Hace unos meses leíamos sobre un proyecto entre Fujifilm y el Museo Van Gogh en Amsterdam para vender réplicas de las obras del artista neerlandés impresas en 3D, pero eran un lujo reservado a bolsillos muy pudientes. Una joven compañía rusa llamada Prixel ha comenzado a ofrecer exactamente eso: reproducciones fidedignas de pintores muy conocidos, pero a un precio mucho más asequible. ¿Hace un Van Gogh, un Matisse, o un Picasso por 200 dólares?.

La compañía ha pulido la técnica de impresión en 3D en gran formato para emular a la perfección los trazos de estos célebres artistas sobre óleo. La clave es un proceso de impresión que se basa hasta en seis capas, y reproduce fielmente el brillo y textura de cada trazo. Los entendidos en arte pueden pedir un procedimiento aún más detallado que utiliza hasta 20 capas, y que genera una reproducción casi indistinguible del original.

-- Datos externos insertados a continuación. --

-- ===== src/AdmClient/Session.antt =====
-- `SendCommand` against a server that answers the login with one packet: what it puts on the stream
-- and what it returns.
use o2k.Prelude.{
  ℕ, ◌+◌, ◌^◌, ◌≤◌, ◌<◌, ◌≡◌, ◌≢◌, refl, sym, ap, ◌∙◌, ℤ, pos, negsuc, is_neg, Bool, true, false,
  List, ◌++◌, length, append_assoc, Option, none, some, str_case_eq, length-tabulate, length-set,
  tabulate, arith,
}
use o2k.Outcome.{ok, Returns, Returns-weaken, Returns-bind}
use o2k.Os.{Os, IsStream, IsHealthy}
use o2k.Socket.{ErrText, no_error, not_connected}
use o2k.Socket.Framing.{packet}
use o2k.AdminMsg.{MsgResult, type_result, Codec}
use o2k.StrMap.{StrMap}
use o2k.MsgRw.{MsgRw, new_msg_rw, max_adm_pkg}
use o2k.MsgRw.Buffer.{IsWellFormed, Overflows}
use o2k.MsgRw.Messages.{rc_ok}
use o2k.MsgRw.Exchange.{answer, exec_cmd_result-reply, positive, send_complete}
use o2k.AdmClient.{
  AdmClient, command_msg, login_msg, text_of, judge_login, login, send_logged_in, send_command,
  is_connected, new_adm_client, connect_to,
}

-- A new `CMsgRW` is well-formed, and any packet fits it.
pub new_msg_rw-IsWellFormed :
    {World : Type 0} (os : Os World) (fd : ℤ) (w : World) → IsWellFormed (new_msg_rw os fd w)
unfolding new_msg_rw
new_msg_rw-IsWellFormed os fd w = record {
  buf_size = length-set (tabulate (os.junk w) 1026) 0 0 ∙ length-tabulate (os.junk w) 1026;
  heap_size = refl;
  terminated = λ h. absurd (omega arith);
}

pub not_Overflows-new :
    {World : Type 0} (os : Os World) (fd : ℤ) (w : World) (n : ℕ)
    → ¬ Overflows n (new_msg_rw os fd w)
unfolding new_msg_rw
not_Overflows-new os fd w n h = omega arith

-- Whether the server's answer lets the client in.
abbrev pub accepts : Option MsgResult → Bool
accepts none = false
accepts (some r) = str_case_eq r.rc rc_ok

-- A client with a connected socket.
abbrev pub session : ℕ → List ℕ → ErrText → AdmClient
session fd pwd err = record { sock = pos fd; pwd = pwd; err = err }

-- What a call has put on the stream and taken off it.
pub record Traffic {World : Type 0} {os : Os World} (stream : IsStream os) (fd : ℤ)
    (written rest : List ℕ) (w w' : World) : Type 0 where
  pub request_sent : stream.outbox w' fd ≡ stream.outbox w fd ++ written
  pub next : stream.inbox w' fd ≡ rest
  pub signals_kept : stream.signals w' ≤ stream.signals w

-- The result of a login on which the server's message is `m`.
pub record LoginPost {World : Type 0} {os : Os World} (stream : IsStream os) (c : AdmClient)
    (m : Option MsgResult) (written rest : List ℕ) (w : World) (end : ℤ × AdmClient × World)
    : Type 0 where
  pub reader : MsgRw
  pub code : end.0 ≡ (judge_login m reader c).0
  pub client : end.1 ≡ (judge_login m reader c).1
  pub traffic : Traffic stream c.sock written rest w end.2

module _ {World : Type 0} (os : Os World) (stream : IsStream os) (healthy : IsHealthy os stream)
    (codec : Codec) (fuel fd : ℕ) (pwd lp reply rest : List ℕ) (err : ErrText) (w : World)
    (login_pkg : codec.serialize_cmd (login_msg pwd) ≡ some lp) (lp_some : 0 < length lp)
    (lp_small : length lp < 2 ^ 31) (reply_some : 0 < length reply)
    (reply_small : length reply ≤ max_adm_pkg)
    (to_come : stream.inbox w (pos fd) ≡ packet reply ++ rest)
    (enough : length lp + 4 + stream.signals w < fuel)
    (enough_to_read : length reply + 4 + stream.signals w < fuel) where
  login-reply :
      Returns
        (LoginPost stream
          (session fd pwd err)
          (answer codec type_result codec.parse_result reply)
          (packet lp)
          rest
          w)
        (login os codec fuel (session fd pwd err) w)
  unfolding login is_connected new_msg_rw
  login-reply =
      Returns-bind _ _
        (exec_cmd_result-reply os stream healthy codec fuel (login_msg pwd) lp reply rest
          (new_msg_rw os (pos fd) w) w (new_msg_rw-IsWellFormed os (pos fd) w) login_pkg lp_some
          lp_small reply_some reply_small (not_Overflows-new os (pos fd) w (length reply)) to_come
          enough enough_to_read)
        λ x _ q. record {
          value = (
            (judge_login x.0 x.1 (session fd pwd err)).0,
            (judge_login x.0 x.1 (session fd pwd err)).1,
            x.2,
          );
          ends = refl;
          holds = record {
            reader = x.1;
            code = rw q.message_read refl;
            client = rw q.message_read refl;
            traffic = record {
              request_sent = q.request_sent;
              next = q.next;
              signals_kept = q.signals_kept;
            };
          };
        }

  -- After a login that did not return 0 nothing more is done.
  stopped :
      (m : Option MsgResult) (cmd : List ℕ) (params : StrMap)
      → answer codec type_result codec.parse_result reply ≡ m
      → ((reader : MsgRw) → (judge_login m reader (session fd pwd err)).0 ≡ negsuc 0)
      → Returns
          (λ (end : ℤ × AdmClient × World).
            (end.0 ≡ negsuc 0) × LoginPost stream (session fd pwd err) m (packet lp) rest w end)
          (send_command os codec fuel cmd params (session fd pwd err) w)
  unfolding send_command
  stopped m cmd params a no' = Returns-bind _ _ login-reply λ x _ q.
      let code : x.0 ≡ negsuc 0 = q.code ∙ rw a (no' q.reader) in
      rw code (record {
        value = (negsuc 0, x.1, x.2);
        ends = refl;
        holds = (
          refl,
          record {
            reader = q.reader;
            code = sym code ∙ rw (← a) q.code;
            client = rw (← a) q.client;
            traffic = q.traffic;
          },
        );
      })

  -- Where the server answers the login with a result whose code is not OK, `SendCommand` returns -1
  -- with the server's text as the error text, and only the login has been put on the stream: the
  -- command is not sent.
  pub send_command-refused :
      (cmd : List ℕ) (params : StrMap) (r : MsgResult)
      → answer codec type_result codec.parse_result reply ≡ some r
      → str_case_eq r.rc rc_ok ≡ false
      → Returns
          (λ (end : ℤ × AdmClient × World).
            (end.0 ≡ negsuc 0)
            × (end.1 ≡ session fd pwd (text_of r.msg))
            × Traffic stream (pos fd) (packet lp) rest w end.2)
          (send_command os codec fuel cmd params (session fd pwd err) w)
  unfolding judge_login
  send_command-refused cmd params r a bad =
      Returns-weaken (stopped (some r) cmd params a (λ reader. rw bad))
        λ end q. (q.0, q.1.client ∙ rw bad, q.1.traffic)

  -- Where the server answers the login with bytes that are no result, `SendCommand` returns -1, and
  -- only the login has been put on the stream.
  pub send_command-unanswered :
      (cmd : List ℕ) (params : StrMap)
      → answer codec type_result codec.parse_result reply ≡ none
      → Returns
          (λ (end : ℤ × AdmClient × World).
            (end.0 ≡ negsuc 0) × Traffic stream (pos fd) (packet lp) rest w end.2)
          (send_command os codec fuel cmd params (session fd pwd err) w)
  unfolding judge_login
  send_command-unanswered cmd params a =
      Returns-weaken (stopped none cmd params a (λ reader. refl)) λ end q. (q.0, q.1.traffic)

  -- Where the server answers the login with a result whose code is OK, in whatever case of letters,
  -- `SendCommand` of a command that serializes returns 0, and the packet of the login and then that
  -- of the command have been put on the stream, and nothing else.
  pub send_command-accepted :
      (cmd : List ℕ) (params : StrMap) (r : MsgResult) (pkg : List ℕ)
      → answer codec type_result codec.parse_result reply ≡ some r
      → str_case_eq r.rc rc_ok ≡ true
      → codec.serialize_cmd (command_msg cmd params) ≡ some pkg
      → 0 < length pkg
      → length pkg < 2 ^ 31
      → length pkg + 4 + stream.signals w < fuel
      → Returns
          (λ (end : ℤ × AdmClient × World).
            (end.0 ≡ pos 0)
            × (end.1 ≡ session fd pwd err)
            × Traffic stream (pos fd) (packet lp ++ packet pkg) rest w end.2)
          (send_command os codec fuel cmd params (session fd pwd err) w)
  unfolding send_command judge_login new_msg_rw
  send_command-accepted cmd params r pkg a good ser some_pkg small room =
      Returns-bind _ _ login-reply λ x _ q.
        let code : x.0 ≡ pos 0 = q.code ∙ rw (a, good) refl in
        let client : x.1 ≡ session fd pwd err = q.client ∙ rw (a, good) refl in
        rw (code, client)
          (rw (ser, send_logged_in)
            (Returns-bind _ _
              (send_complete os stream healthy fuel pkg (new_msg_rw os (pos fd) x.2) x.2 small
                (omega (arith, q.traffic.signals_kept)))
              λ t _ z.
                rw (z.code, positive (length pkg) some_pkg)
                  (record {
                    value = (pos 0, session fd pwd err, t.2);
                    ends = refl;
                    holds = (
                      refl,
                      refl,
                      record {
                        request_sent =
                            z.in_order
                            ∙ ap (λ o. o ++ packet pkg) q.traffic.request_sent
                            ∙ append_assoc (stream.outbox w (pos fd)) (packet lp) (packet pkg);
                        next = z.inbox_kept ∙ q.traffic.next;
                        signals_kept = omega (arith, z.signals_kept, q.traffic.signals_kept);
                      },
                    );
                  })))

module _ {World : Type 0} (os : Os World) where
  failed-is_neg :
      (host : List ℕ) (port : ℤ) (pwd : List ℕ) (w : World)
      → (new_adm_client os host port pwd w).0.err ≢ no_error
      → is_neg (new_adm_client os host port pwd w).0.sock ≡ true
  unfolding new_adm_client connect_to
  failed-is_neg host port pwd w failed = ground arith

  disconnected :
      (codec : Codec) (fuel : ℕ) (cmd : List ℕ) (params : StrMap) (c : AdmClient) (w : World)
      → is_neg c.sock ≡ true
      → send_command os codec fuel cmd params c w
        ≡ ok (negsuc 0, record c { err = not_connected }, w)
  unfolding send_command login is_connected
  disconnected codec fuel cmd params c w neg = rw (neg, login)

  -- A client whose constructor has left an error text never uses a socket: each later `SendCommand`
  -- returns -1 with its own error text, and changes nothing outside the client.
  pub failed_client-send_command :
      (codec : Codec) (host : List ℕ) (port : ℤ) (pwd : List ℕ) (w : World)
      → (new_adm_client os host port pwd w).0.err ≢ no_error
      → (fuel : ℕ) (cmd : List ℕ) (params : StrMap) (later : World)
      → send_command os codec fuel cmd params (new_adm_client os host port pwd w).0 later
        ≡ ok (negsuc 0, record (new_adm_client os host port pwd w).0 { err = not_connected }, later)
  failed_client-send_command codec host port pwd w failed fuel cmd params later =
      disconnected codec fuel cmd params _ later (failed-is_neg host port pwd w failed)
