-- ===== src/Variable.antt =====
-- nginx's variables as PHP code reads and sets them: src/ngx_http_php_variable.c and
-- src/php/impl/php_ngx_var.c. Access has the functions, Found is about a read behind a write; Tests an
-- example.
pub mod Access
pub mod Found
mod Tests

Prixel vende sus obras por internet, y para comprarlas desde fuera de Rusia hay que concertar una cita telefónica. Los precios varían en función del cuadro que queramos y su perfección, pero hay clásicos por menos de 200 dólares al cambio. La compañía está en negociaciones con diferentes museos del mundo como el Hermitage, en San Petersburgo, o el MOMA en Nueva York, para vender las reproducciones en las tiendas de estas pinacotecas. [Prixel vía RBTH]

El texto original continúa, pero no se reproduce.